Task description:
Every single line below has to be printed once more, exactly.

BEGIN

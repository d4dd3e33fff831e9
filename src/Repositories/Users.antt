-- ===== src/Repositories/Users.antt =====
-- backend/src/modules/point/repositories/user.repository.ts
use web3_point_exchange.Common.{ℕ, Bool, Option, none, some, List, ◌==◌}
use web3_point_exchange.Entities.{User, UserStatus}
use web3_point_exchange.Platform.{Platform}
use web3_point_exchange.World.{Db, Action, Conn, pool, ok, err, db_rejected, gets, store, written}

unfoldable pub by_id : ℕ → User → Bool
by_id u r = r.user_id == u

unfoldable pub by_wallet : ℕ → User → Bool
by_wallet a r = r.wallet_address == a

module _ ⦃p : Platform⦄ where
  unfoldable pub find_by_id : ℕ → Action (Option User)
  find_by_id u = gets (λ w. p.find_one (by_id u) w.db.users)

  unfoldable pub find_by_wallet_address : ℕ → Action (Option User)
  find_by_wallet_address a = gets (λ w. p.find_one (by_wallet a) w.db.users)

  -- `save` of an entity with its id set: an UPDATE of the given columns where the id is taken, and an
  -- INSERT else.
  unfoldable pub create : ℕ → ℕ → Conn → Action User
  create u a c w =
      let fresh_row : User = record {
        user_id = u;
        wallet_address = a;
        status = UserStatus.pending;
        created_at = w.now;
        updated_at = w.now;
      } in
      let d : Db = written c w in
      let rows : Option (List User) = elim (p.find_one (by_id u) d.users) [
        | none ↦ p.insert fresh_row d.users
        | some old ↦
            p.update (by_id u)
              (λ r. record r {
                wallet_address = a;
                status = UserStatus.pending;
                updated_at = w.now;
              })
              d.users
      ] in
      elim rows [
        | none ↦ (err db_rejected, w)
        | some t ↦ (ok fresh_row, store c (record d { users = t }) w)
      ]

  -- `data` is the partial entity, as what `Object.assign` makes of the one that is found.
  unfoldable pub update : ℕ → (User → User) → Action (Option User)
  update u assign w = elim (p.find_one (by_id u) w.db.users) [
    | none ↦ (ok none, w)
    | some r ↦ elim (p.update (by_id u) (λ _. assign r) w.db.users) [
      | none ↦ (err db_rejected, w)
      | some t ↦ (ok (some (assign r)), store pool (record (w.db) { users = t }) w)
    ]
  ]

END

Response to the task:
repository d4dd3e33fff831e9
filename src/Repositories/Users.antt
-- ===== src/Repositories/Users.antt =====
-- backend/src/modules/point/repositories/user.repository.ts
use web3_point_exchange.Common.{ℕ, Bool, Option, none, some, List, ◌==◌}
use web3_point_exchange.Entities.{User, UserStatus}
use web3_point_exchange.Platform.{Platform}
use web3_point_exchange.World.{Db, Action, Conn, pool, ok, err, db_rejected, gets, store, written}

unfoldable pub by_id : ℕ → User → Bool
by_id u r = r.user_id == u

unfoldable pub by_wallet : ℕ → User → Bool
by_wallet a r = r.wallet_address == a

module _ ⦃p : Platform⦄ where
  unfoldable pub find_by_id : ℕ → Action (Option User)
  find_by_id u = gets (λ w. p.find_one (by_id u) w.db.users)

  unfoldable pub find_by_wallet_address : ℕ → Action (Option User)
  find_by_wallet_address a = gets (λ w. p.find_one (by_wallet a) w.db.users)

  -- `save` of an entity with its id set: an UPDATE of the given columns where the id is taken, and an
  -- INSERT else.
  unfoldable pub create : ℕ → ℕ → Conn → Action User
  create u a c w =
      let fresh_row : User = record {
        user_id = u;
        wallet_address = a;
        status = UserStatus.pending;
        created_at = w.now;
        updated_at = w.now;
      } in
      let d : Db = written c w in
      let rows : Option (List User) = elim (p.find_one (by_id u) d.users) [
        | none ↦ p.insert fresh_row d.users
        | some old ↦
            p.update (by_id u)
              (λ r. record r {
                wallet_address = a;
                status = UserStatus.pending;
                updated_at = w.now;
              })
              d.users
      ] in
      elim rows [
        | none ↦ (err db_rejected, w)
        | some t ↦ (ok fresh_row, store c (record d { users = t }) w)
      ]

  -- `data` is the partial entity, as what `Object.assign` makes of the one that is found.
  unfoldable pub update : ℕ → (User → User) → Action (Option User)
  update u assign w = elim (p.find_one (by_id u) w.db.users) [
    | none ↦ (ok none, w)
    | some r ↦ elim (p.update (by_id u) (λ _. assign r) w.db.users) [
      | none ↦ (err db_rejected, w)
      | some t ↦ (ok (some (assign r)), store pool (record (w.db) { users = t }) w)
    ]
  ]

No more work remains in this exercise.